▸ **Your task**:
Which lines below fall between the one containing "Mem-outcome (u ∷ targets) (tail" and the one containing "outcome-Mem (u ∷ targets) (tail"? Repeat them exactly, counting both of those lines, and add nothing else.

▸ **Extracted records**:
☆ ☆ ☆ ☆ ☆ ☆ ☆

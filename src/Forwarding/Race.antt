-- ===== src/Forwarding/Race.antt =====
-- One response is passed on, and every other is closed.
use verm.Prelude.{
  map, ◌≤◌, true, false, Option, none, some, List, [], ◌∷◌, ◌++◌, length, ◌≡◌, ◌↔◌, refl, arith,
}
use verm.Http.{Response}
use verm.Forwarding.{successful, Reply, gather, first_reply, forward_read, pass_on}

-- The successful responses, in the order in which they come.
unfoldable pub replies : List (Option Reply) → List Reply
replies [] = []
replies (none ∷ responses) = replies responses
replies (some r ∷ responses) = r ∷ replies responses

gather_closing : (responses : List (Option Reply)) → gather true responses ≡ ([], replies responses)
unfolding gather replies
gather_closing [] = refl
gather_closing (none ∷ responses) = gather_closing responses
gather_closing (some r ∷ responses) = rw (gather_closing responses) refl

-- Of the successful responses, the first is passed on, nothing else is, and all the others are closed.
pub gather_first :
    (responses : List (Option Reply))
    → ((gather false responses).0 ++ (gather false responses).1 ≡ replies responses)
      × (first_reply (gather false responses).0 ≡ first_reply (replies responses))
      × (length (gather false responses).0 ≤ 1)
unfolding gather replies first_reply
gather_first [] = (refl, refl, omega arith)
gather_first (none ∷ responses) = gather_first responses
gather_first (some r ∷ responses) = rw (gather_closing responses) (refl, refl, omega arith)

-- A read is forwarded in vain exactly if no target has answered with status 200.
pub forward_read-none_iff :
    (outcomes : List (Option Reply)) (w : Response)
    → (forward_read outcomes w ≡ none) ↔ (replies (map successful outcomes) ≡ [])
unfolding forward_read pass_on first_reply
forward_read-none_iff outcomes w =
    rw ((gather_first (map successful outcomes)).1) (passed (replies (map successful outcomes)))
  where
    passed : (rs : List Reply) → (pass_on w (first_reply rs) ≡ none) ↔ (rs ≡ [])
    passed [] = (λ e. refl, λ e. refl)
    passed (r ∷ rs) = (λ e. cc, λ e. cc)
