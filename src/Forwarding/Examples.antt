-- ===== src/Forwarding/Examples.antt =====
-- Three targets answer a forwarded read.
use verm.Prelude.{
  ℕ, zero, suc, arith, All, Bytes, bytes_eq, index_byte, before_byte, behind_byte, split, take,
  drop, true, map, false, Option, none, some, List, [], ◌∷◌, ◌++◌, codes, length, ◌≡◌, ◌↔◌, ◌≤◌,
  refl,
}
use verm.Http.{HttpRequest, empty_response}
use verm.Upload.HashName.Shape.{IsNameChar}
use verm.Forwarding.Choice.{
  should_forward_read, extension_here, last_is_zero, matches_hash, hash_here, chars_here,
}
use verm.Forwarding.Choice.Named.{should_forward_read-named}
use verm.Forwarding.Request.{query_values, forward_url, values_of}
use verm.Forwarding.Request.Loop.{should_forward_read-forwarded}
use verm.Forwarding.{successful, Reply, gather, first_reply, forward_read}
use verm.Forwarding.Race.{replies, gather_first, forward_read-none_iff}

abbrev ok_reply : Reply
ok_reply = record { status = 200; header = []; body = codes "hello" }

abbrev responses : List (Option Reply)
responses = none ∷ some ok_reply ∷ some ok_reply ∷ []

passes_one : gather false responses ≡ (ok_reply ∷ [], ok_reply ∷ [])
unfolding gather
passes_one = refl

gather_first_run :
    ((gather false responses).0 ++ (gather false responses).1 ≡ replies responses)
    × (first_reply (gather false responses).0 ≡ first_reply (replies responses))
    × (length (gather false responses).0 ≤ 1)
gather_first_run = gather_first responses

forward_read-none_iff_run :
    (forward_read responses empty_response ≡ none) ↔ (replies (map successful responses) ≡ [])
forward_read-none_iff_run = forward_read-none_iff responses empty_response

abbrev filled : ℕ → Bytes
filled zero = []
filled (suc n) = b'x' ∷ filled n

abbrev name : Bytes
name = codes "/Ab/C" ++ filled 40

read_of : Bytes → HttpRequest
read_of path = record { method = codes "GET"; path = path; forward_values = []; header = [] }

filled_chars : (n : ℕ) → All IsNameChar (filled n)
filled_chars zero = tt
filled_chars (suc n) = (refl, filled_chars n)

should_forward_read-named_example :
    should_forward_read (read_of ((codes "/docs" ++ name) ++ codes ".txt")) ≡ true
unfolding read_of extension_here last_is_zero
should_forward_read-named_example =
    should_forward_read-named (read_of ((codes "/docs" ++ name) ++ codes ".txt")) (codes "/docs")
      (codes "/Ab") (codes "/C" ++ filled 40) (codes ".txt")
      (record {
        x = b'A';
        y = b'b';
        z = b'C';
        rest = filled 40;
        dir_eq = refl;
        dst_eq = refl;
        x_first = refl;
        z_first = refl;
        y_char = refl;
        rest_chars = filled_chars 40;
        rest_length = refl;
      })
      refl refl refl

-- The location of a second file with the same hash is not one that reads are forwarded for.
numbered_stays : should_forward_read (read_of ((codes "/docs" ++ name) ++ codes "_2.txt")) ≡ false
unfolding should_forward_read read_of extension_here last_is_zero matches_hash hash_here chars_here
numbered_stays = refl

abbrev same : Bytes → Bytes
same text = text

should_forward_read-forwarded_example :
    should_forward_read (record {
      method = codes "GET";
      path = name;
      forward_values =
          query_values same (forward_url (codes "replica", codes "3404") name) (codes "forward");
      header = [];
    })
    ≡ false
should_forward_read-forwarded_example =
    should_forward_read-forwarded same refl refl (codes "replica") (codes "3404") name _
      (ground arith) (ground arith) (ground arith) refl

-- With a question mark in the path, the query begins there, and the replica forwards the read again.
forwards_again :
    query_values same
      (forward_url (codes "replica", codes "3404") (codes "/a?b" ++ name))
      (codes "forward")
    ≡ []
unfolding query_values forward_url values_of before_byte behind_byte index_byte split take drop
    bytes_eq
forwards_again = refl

☆ ☆ ☆ ☆ ☆ ☆ ☆

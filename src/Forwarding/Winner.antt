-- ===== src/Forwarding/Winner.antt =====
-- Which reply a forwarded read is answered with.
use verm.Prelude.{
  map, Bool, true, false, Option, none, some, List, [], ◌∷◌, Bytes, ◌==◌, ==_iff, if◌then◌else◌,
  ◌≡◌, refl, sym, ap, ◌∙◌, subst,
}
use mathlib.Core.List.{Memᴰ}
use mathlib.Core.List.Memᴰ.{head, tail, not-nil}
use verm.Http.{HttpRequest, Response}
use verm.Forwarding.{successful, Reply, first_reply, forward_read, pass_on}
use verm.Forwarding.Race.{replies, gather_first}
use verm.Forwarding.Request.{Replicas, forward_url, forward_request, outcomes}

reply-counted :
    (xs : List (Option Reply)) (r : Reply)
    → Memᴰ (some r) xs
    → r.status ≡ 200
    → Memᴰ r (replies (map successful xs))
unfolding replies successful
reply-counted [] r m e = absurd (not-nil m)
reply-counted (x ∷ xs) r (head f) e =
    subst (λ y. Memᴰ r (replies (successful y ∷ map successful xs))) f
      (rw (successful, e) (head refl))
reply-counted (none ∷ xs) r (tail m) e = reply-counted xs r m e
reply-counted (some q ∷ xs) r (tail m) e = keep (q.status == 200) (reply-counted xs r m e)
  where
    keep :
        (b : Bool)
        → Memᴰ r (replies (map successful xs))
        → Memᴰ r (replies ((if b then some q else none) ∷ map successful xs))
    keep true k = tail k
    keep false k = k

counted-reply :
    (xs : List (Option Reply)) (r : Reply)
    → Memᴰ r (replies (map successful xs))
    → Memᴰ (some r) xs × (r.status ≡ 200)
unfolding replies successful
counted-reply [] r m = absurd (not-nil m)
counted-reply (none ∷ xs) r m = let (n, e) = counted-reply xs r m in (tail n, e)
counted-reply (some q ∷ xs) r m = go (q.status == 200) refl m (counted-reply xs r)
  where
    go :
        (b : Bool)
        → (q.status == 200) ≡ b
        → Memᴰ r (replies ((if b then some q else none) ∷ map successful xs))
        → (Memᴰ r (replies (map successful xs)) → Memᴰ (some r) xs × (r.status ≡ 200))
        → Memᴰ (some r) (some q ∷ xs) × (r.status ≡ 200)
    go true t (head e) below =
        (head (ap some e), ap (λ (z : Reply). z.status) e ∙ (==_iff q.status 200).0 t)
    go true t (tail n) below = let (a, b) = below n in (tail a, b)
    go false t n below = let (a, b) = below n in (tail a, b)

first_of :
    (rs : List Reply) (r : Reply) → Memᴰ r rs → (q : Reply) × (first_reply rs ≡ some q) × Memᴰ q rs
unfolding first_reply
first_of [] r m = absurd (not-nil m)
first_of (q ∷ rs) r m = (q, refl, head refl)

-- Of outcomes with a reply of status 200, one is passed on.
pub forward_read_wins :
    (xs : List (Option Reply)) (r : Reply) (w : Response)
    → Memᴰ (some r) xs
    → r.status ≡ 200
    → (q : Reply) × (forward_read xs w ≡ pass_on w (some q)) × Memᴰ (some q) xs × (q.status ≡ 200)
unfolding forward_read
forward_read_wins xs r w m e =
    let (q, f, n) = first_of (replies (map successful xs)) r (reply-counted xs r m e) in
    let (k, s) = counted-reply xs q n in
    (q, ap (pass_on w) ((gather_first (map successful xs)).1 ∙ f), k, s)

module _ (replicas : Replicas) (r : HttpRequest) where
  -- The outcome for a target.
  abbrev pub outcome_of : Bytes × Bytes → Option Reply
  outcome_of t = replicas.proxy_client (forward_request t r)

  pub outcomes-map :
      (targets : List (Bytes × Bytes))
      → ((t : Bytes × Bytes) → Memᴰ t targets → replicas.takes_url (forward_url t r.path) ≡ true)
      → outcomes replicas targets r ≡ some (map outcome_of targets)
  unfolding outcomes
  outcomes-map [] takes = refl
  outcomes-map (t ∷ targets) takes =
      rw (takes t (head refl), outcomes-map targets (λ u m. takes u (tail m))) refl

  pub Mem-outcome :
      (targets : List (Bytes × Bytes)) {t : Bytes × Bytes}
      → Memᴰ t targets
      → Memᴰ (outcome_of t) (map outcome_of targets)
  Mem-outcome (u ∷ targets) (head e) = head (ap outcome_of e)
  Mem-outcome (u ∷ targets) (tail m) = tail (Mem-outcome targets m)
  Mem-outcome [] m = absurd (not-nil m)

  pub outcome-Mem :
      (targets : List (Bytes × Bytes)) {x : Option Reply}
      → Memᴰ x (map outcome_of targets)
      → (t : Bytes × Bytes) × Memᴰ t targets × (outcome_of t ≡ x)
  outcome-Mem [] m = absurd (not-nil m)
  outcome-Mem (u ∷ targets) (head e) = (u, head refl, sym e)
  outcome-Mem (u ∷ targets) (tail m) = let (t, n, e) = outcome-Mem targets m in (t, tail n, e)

☆ ☆ ☆ ☆ ☆ ☆ ☆

▸ **Response to the task**:
  Mem-outcome (u ∷ targets) (tail m) = tail (Mem-outcome targets m)
  Mem-outcome [] m = absurd (not-nil m)

  pub outcome-Mem :
      (targets : List (Bytes × Bytes)) {x : Option Reply}
      → Memᴰ x (map outcome_of targets)
      → (t : Bytes × Bytes) × Memᴰ t targets × (outcome_of t ≡ x)
  outcome-Mem [] m = absurd (not-nil m)
  outcome-Mem (u ∷ targets) (head e) = (u, head refl, sym e)
  outcome-Mem (u ∷ targets) (tail m) = let (t, n, e) = outcome-Mem targets m in (t, tail n, e)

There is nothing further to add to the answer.